Where do we go to find the remedy for this diagnosis -- the cancer of sin in the human heart? How can human depravity and its consequences be forgiven and healed? Enter the Messiah who exercises divine authority. He comes to forgive and to heal. We read that Jesus even knew their unexpressed thoughts. He asked his adversaries, "Why do you entertain evil thoughts in your hearts?" In his omniscience as God in the flesh, he knew the condition of the human heart -- the evil thoughts that sear our consciences and cause so much trouble in our relationships with one another. We suppose that no one knows what is going on in our minds. We forget that the Spirit of God searches our hearts and minds at all times. We are an open book to God. "Search me, O God, and know my heart; test me and know my anxious thoughts" (Psalm 139:23). Jesus exposed their malicious thoughts and put them to open shame. "Nothing in all creation is hidden from God's sight. Everything is uncovered and laid bare before the eyes of whom we must give account" (Hebrews 4:13). Nothing can be concealed from Jesus. He sees, he knows, he records. "God will judge men's secrets through Jesus Christ, as my gospel declares" (Romans 2:16).

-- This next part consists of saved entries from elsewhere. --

-- ===== src/Reconcile.antt =====
-- backend/cmd/reconcile-balances/runner.go: the command that finds the accounts whose stored
-- balance differs from the balance that their rows imply, and inserts a compensating row for
-- each. What it prints are the divergences, which `run` returns. The currency, which the queries
-- join for the printed table, is left out.
pub mod Settles
pub mod Runs
use Prim.Native.String.{◌++◌}
use orgfin_diploma.Prelude.{
  ℕ, ◌+◌, ℤ, pos, ◌-ℤ◌, abs, ltb_ℤ, eqb_ℤ, ltb, leb, Bool, true, false, not, ◌&&◌, ◌||◌, Option,
  none, some, List, [], ◌∷◌, String, ◌==◌, if◌then◌else◌, keep,
}
use orgfin_diploma.Models.{Time, Account, Transaction}
use orgfin_diploma.Exec.{
  Error, Result, ok, err, Exec, pure, ◌>>=◌, ◌>>◌, raise_if, query, returning, lift, row_of,
}
use orgfin_diploma.Repositories.Accounts
use orgfin_diploma.Repositories.Transactions.{stored, for_recalc}
use orgfin_diploma.TransactionService.Recalc.{recalculate_from_transactions}

-- The flags; 0 stands for all users or accounts.
pub record Options : Type 0 where
  pub dry_run : Bool
  pub only_user : ℕ
  pub only_account : ℕ

pub record Divergence : Type 0 where
  pub account_id : ℕ
  pub user_id : ℕ
  pub name : String
  pub stored_balance : ℤ
  pub recalculated : ℤ

-- Diff
unfoldable pub diff : Divergence → ℤ
diff d = d.stored_balance -ℤ d.recalculated

-- Direction: the compensating row goes up or down.
unfoldable pub direction : Divergence → String
unfolding diff
direction d = if ltb_ℤ (pos 0) (diff d) then "up" else "down"

-- Amount
unfoldable pub amount : Divergence → ℤ
unfolding diff
amount d = abs (diff d)

-- IsIncome
unfoldable pub is_income : Divergence → Bool
unfolding diff
is_income d = ltb_ℤ (pos 0) (diff d)

-- WHERE a.is_deleted = false AND a.is_archived = false [AND a.user_id = u]
abbrev pub in_scope : ℕ → Account → Bool
in_scope u a = not a.is_deleted && not a.is_archived && (if ltb 0 u then a.user_id == u else true)

-- ORDER BY a.id ASC
unfoldable pub insert_by_id : Account → List Account → List Account
insert_by_id a [] = a ∷ []
insert_by_id a (b ∷ bs) = if leb a.id b.id then a ∷ b ∷ bs else b ∷ insert_by_id a bs

unfoldable pub sort_by_id : List Account → List Account
unfolding insert_by_id
sort_by_id [] = []
sort_by_id (a ∷ rest) = insert_by_id a (sort_by_id rest)

-- WHERE a.id = i AND a.is_deleted = false AND a.is_archived = false
unfoldable pub find_live : ℕ → List Account → Option Account
find_live i [] = none
find_live i (a ∷ rest) =
    if a.id == i && (not a.is_deleted && not a.is_archived) then some a else find_live i rest

unfoldable pub load_one_account : ℕ → Exec Account
load_one_account i = query (λ s. row_of (find_live i s.accounts))

unfoldable pub load_accounts : Options → Exec (List Account)
unfolding load_one_account sort_by_id
load_accounts opts =
    if ltb 0 opts.only_account
    then (do
      account ← load_one_account opts.only_account
      raise_if (ltb 0 opts.only_user && not (account.user_id == opts.only_user)) Error.access_denied
      pure (account ∷ []))
    else query (λ s. ok (sort_by_id (keep (in_scope opts.only_user) s.accounts)))

-- The rows of an account in the order of the recalculation.
unfoldable pub load_transactions_for_recalc : ℕ → Exec (List Transaction)
load_transactions_for_recalc account_id = query (λ s. ok (for_recalc account_id s.transactions))

-- The divergence of an account, if there is one, before the others.
abbrev pub add_divergence : Account → ℤ → List Divergence → List Divergence
add_divergence a recalculated rest =
    if eqb_ℤ a.balance recalculated
    then rest
    else record {
      account_id = a.id;
      user_id = a.user_id;
      name = a.name;
      stored_balance = a.balance;
      recalculated = recalculated;
    }
      ∷ rest

unfoldable pub detect_divergences : List Account → Exec (List Divergence)
unfolding load_transactions_for_recalc
detect_divergences [] = pure []
detect_divergences (a ∷ rest) = do
  txs ← load_transactions_for_recalc a.id
  recalculated ← lift (recalculate_from_transactions a.initial_balance txs)
  found ← detect_divergences rest
  pure (add_divergence a recalculated found)

abbrev notes_on : String → String
notes_on run_id = "Inserted by reconcile-balances CLI on " ++ run_id

unfoldable pub compensating_row : String → Time → Divergence → Transaction
unfolding amount is_income
compensating_row run_id now d = record {
  id = 0;
  user_id = d.user_id;
  account_id = d.account_id;
  amount = amount d;
  new_balance = some d.stored_balance;
  category_id = none;
  label = some "Reconciliation adjustment";
  is_income = is_income d;
  is_transfer = false;
  linked_transaction_id = none;
  notes = some (notes_on run_id);
  date_time = some now;
  is_deleted = false;
  is_adjustment = true;
  exclude_from_reports = true;
}

unfoldable pub insert_compensating_row : String → Time → Divergence → Exec ℕ
unfolding compensating_row
insert_compensating_row run_id now d = returning λ s. (
  s.next_transaction_id,
  record s {
    transactions = stored s (compensating_row run_id now d) ∷ s.transactions;
    next_transaction_id = s.next_transaction_id + 1;
  },
)

unfoldable pub insert_all : String → Time → List Divergence → Exec (Unit {0})
unfolding insert_compensating_row
insert_all run_id now [] = pure tt
insert_all run_id now (d ∷ rest) = do
  insert_compensating_row run_id now d
  insert_all run_id now rest

unfoldable pub run : (Time → String) → Options → Time → Exec (List Divergence)
unfolding load_accounts detect_divergences insert_all
run format_day opts now = do
  accounts ← load_accounts opts
  diverged ← detect_divergences accounts
  if opts.dry_run then pure tt else insert_all (format_day now) now diverged
  pure diverged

What is your reaction to his words and his actions? You can be attracted to him, as was the paralyzed man and his friends who brought him to Jesus. Or you can be threatened by him, as were the leaders of his day. You can come with trust, faith, hope, and desperation for a solution to your problems, recognizing that Jesus is adequate and able to handle your needs. You respond to his call to follow him, to turn to him in the moments of your fears.
Or you can question his authority and competence. You can refuse to acknowledge his claim on your life, your lifestyle, your worldview, and your priorities. You are more comfortable with your individualistic self-centered morality and don't want to accept a higher authority in your life to which you have to be accountable. But the whole world is held accountable to God. You can reject his claims to speak for God, to forgive sins, even though you are conscious of sin in your life.

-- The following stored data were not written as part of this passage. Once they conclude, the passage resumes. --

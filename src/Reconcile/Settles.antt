-- ===== src/Reconcile/Settles.antt =====
-- The effect of the compensating rows: every account of the run agrees with its rows afterwards.
use orgfin_diploma.TransactionService.Recalc.Insert.{recalculate-insert}
use orgfin_diploma.TransactionService.Create.Settled.{
  for_recalc-other, for_recalc-own, for_recalc-IsSorted,
}
use orgfin_diploma.Repositories.Transactions.Sorted.{All-sort, All-keep}
use orgfin_diploma.AccountService.Adjust.{IsPast, past_ordered}
use orgfin_diploma.Exec.{ok, ◌>>=◌}
use orgfin_diploma.TransactionService.Recalc.Settled.{implied_balance}
use orgfin_diploma.Repositories.Transactions.{for_recalc, stored, of_account}
use orgfin_diploma.Models.{Db, Account, Transaction, Time}
use orgfin_diploma.TransactionService.Recalc.{next_balance}
use orgfin_diploma.Reconcile.{Divergence, insert_all, compensating_row, insert_compensating_row}
use orgfin_diploma.Prelude.{
  ℕ, ℤ, ◌+◌, ◌≡◌, ◌≢◌, refl, sym, ◌∙◌, ◌⊎◌, inl, inr, true, some, List, [], ◌∷◌, All, All-map_proof,
  arith, String, subst, ==_refl, ne→==,
}
use orgfin_diploma.Repositories.Accounts.Sum as Sum

-- The table with one compensating row.
abbrev row_of_divergence : String → Time → Divergence → Db → Transaction
row_of_divergence run_id now d s = stored s (compensating_row run_id now d)

inserted_one : String → Time → Divergence → Db → Db
inserted_one run_id now d s = record s {
  transactions = row_of_divergence run_id now d s ∷ s.transactions;
  next_transaction_id = s.next_transaction_id + 1;
}

pub inserted : String → Time → List Divergence → Db → Db
inserted run_id now [] s = s
inserted run_id now (d ∷ rest) s = inserted run_id now rest (inserted_one run_id now d s)

abbrev pub divergence_of : Account → ℤ → Divergence
divergence_of a c = record {
  account_id = a.id;
  user_id = a.user_id;
  name = a.name;
  stored_balance = a.balance;
  recalculated = c;
}

-- What detectDivergences finds: the accounts that agree are passed over, the others are listed.
abbrev pub Detected : Db → List Account → List Divergence → Type 0
Detected s [] ds = ds ≡ []
Detected s (a ∷ rest) ds =
    ((implied_balance a.id a s ≡ ok a.balance) × Detected s rest ds)
    ⊎ ((c : ℤ) × (others : List Divergence) × (ds ≡ divergence_of a c ∷ others)
        × (implied_balance a.id a s ≡ ok c)
        × Detected s rest others)

-- An account whose rows imply a balance.
abbrev pub HasBalance : Db → Account → Type 0
HasBalance s a = (c : ℤ) × (implied_balance a.id a s ≡ ok c)

All-for_recalc :
    (P : Transaction → Type 0) (a : ℕ) (ts : List Transaction) → All P ts → All P (for_recalc a ts)
unfolding for_recalc
All-for_recalc P a ts h = All-sort P _ (All-keep P (of_account a) ts h)

-- An adjustment sets its target, whatever the balance was.
target_next :
    (b c : ℤ) (t : Transaction)
    → t.is_adjustment ≡ true
    → t.new_balance ≡ some b
    → next_balance c t ≡ ok b
unfolding next_balance
target_next b c t adj target = rw (adj, target)

module _ (run_id : String) (now : Time) where
  pub insert_run :
      (ds : List Divergence) (s : Db)
      → insert_all run_id now ds [] s ≡ (ok tt, [], inserted run_id now ds s)
  unfolding insert_all insert_compensating_row inserted inserted_one ◌>>=◌
  insert_run [] s = refl
  insert_run (d ∷ rest) s = insert_run rest _

  pub inserted_accounts :
      (ds : List Divergence) (s : Db) → (inserted run_id now ds s).accounts ≡ s.accounts
  unfolding inserted inserted_one
  inserted_accounts [] s = refl
  inserted_accounts (d ∷ rest) s = inserted_accounts rest _

  other_implied :
      (d : Divergence) (a : Account) (s : Db)
      → d.account_id ≢ a.id
      → implied_balance a.id a (inserted_one run_id now d s) ≡ implied_balance a.id a s
  unfolding inserted_one compensating_row
  other_implied d a s other = rw (
      for_recalc-other a.id (row_of_divergence run_id now d s) s.transactions
        (rw (ne→== d.account_id a.id other)))

  self_implied :
      (a : Account) (b c : ℤ) (s : Db)
      → implied_balance a.id a s ≡ ok c
      → All (IsPast now s) s.transactions
      → implied_balance a.id a (inserted_one run_id now (divergence_of a b) s) ≡ ok a.balance
  unfolding inserted_one compensating_row
  self_implied a b c s implied past =
      rw
        (for_recalc-own a.id (row_of_divergence run_id now (divergence_of a b) s) s.transactions
          (rw (==_refl a.id)))
        (recalculate-insert (row_of_divergence run_id now (divergence_of a b) s) a.initial_balance c
            _ (for_recalc-IsSorted a.id s.transactions)
            (All-map_proof
              (λ t p _.
                past_ordered (row_of_divergence run_id now (divergence_of a b) s) t refl p.0 p.1)
              _ (All-for_recalc (IsPast now s) a.id s.transactions past))
            implied
          ∙ target_next a.balance c _ refl refl)

  inserted-IsPast :
      (d : Divergence) (s : Db)
      → All (IsPast now s) s.transactions
      → All (IsPast now (inserted_one run_id now d s)) (inserted_one run_id now d s).transactions
  unfolding inserted_one compensating_row
  inserted-IsPast d s past =
      ((omega arith, ground arith), All-map_proof (λ t p. (omega (arith, p.0), p.1)) _ past)

  others_implied :
      (ds : List Divergence) (a : Account) (s : Db)
      → All (λ d. d.account_id ≢ a.id) ds
      → implied_balance a.id a (inserted run_id now ds s) ≡ implied_balance a.id a s
  unfolding inserted
  others_implied [] a s h = refl
  others_implied (d ∷ rest) a s h = others_implied rest a _ h.1 ∙ other_implied d a s h.0

  Detected-others :
      (d : Divergence) (s : Db) (accounts : List Account) (ds : List Divergence)
      → All (λ a. d.account_id ≢ a.id) accounts
      → Detected s accounts ds
      → Detected (inserted_one run_id now d s) accounts ds
  Detected-others d s [] ds h e = e
  Detected-others d s (a ∷ rest) ds h e = elim e [
    | inl (agrees, more) ↦
        inl (other_implied d a s h.0 ∙ agrees, Detected-others d s rest ds h.1 more)
    | inr (c, others, listed, implied, more) ↦ inr (
      c,
      others,
      listed,
      other_implied d a s h.0 ∙ implied,
      Detected-others d s rest others h.1 more,
    )
  ]

  -- A divergence names an account of the run.
  Detected-absent :
      (i : ℕ) (s : Db) (accounts : List Account) (ds : List Divergence)
      → All (λ a. a.id ≢ i) accounts
      → Detected s accounts ds
      → All (λ d. d.account_id ≢ i) ds
  Detected-absent i s [] ds h e = subst (λ l. All (λ d. d.account_id ≢ i) l) (sym e) tt
  Detected-absent i s (a ∷ rest) ds h e = elim e [
    | inl (agrees, more) ↦ Detected-absent i s rest ds h.1 more
    | inr (c, others, listed, implied, more) ↦
        subst (λ l. All (λ d. d.account_id ≢ i) l) (sym listed)
          (h.0, Detected-absent i s rest others h.1 more)
  ]

  -- The rows of all divergences make every account of the run agree.
  pub insert_settles :
      (accounts : List Account) (ds : List Divergence) (s : Db)
      → Detected s accounts ds
      → Sum.HasUniqueIds accounts
      → All (IsPast now s) s.transactions
      → All (λ a. implied_balance a.id a (inserted run_id now ds s) ≡ ok a.balance) accounts
  unfolding inserted
  insert_settles [] ds s e unique past = tt
  insert_settles (a ∷ rest) ds s e unique past = elim e [
    | inl (agrees, more) ↦ (
      others_implied ds a s (Detected-absent a.id s rest ds unique.0 more) ∙ agrees,
      insert_settles rest ds s more unique.1 past,
    )
    | inr (c, others, listed, implied, more) ↦
        let unlike = All-map_proof (λ b p q. p (sym q)) rest unique.0 in
        subst
          (λ l.
            All (λ b. implied_balance b.id b (inserted run_id now l s) ≡ ok b.balance) (a ∷ rest))
          (sym listed)
          (
            others_implied others a _ (Detected-absent a.id s rest others unique.0 more)
                ∙ self_implied a c c s implied past,
            insert_settles rest others _
                (Detected-others (divergence_of a c) s rest others unlike more) unique.1
                (inserted-IsPast (divergence_of a c) s past),
          )
  ]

What is the proof of his authority? The healing of the paralytic. It is when a man or woman meets Jesus and experiences his healing, his deliverance, his salvation, that his authority is confirmed. Instead of entertaining evil thoughts in your hearts, questioning the authority of Jesus as God come to save you, you experience the forgiveness of your sins and rise up to walk in the power of the Holy Spirit. That is the proof of who Jesus is. Jesus came and suffered and died for you so that you may be forgiven and the cancer of sin eradicated in your life. He took upon himself the penalty of your sins in his sacrificial death upon the Cross so that you might be forgiven. He comes into your lives to heal you of your paralysis. You experience the riches of the kindness, tolerance and patience of God. Your life is changed forever.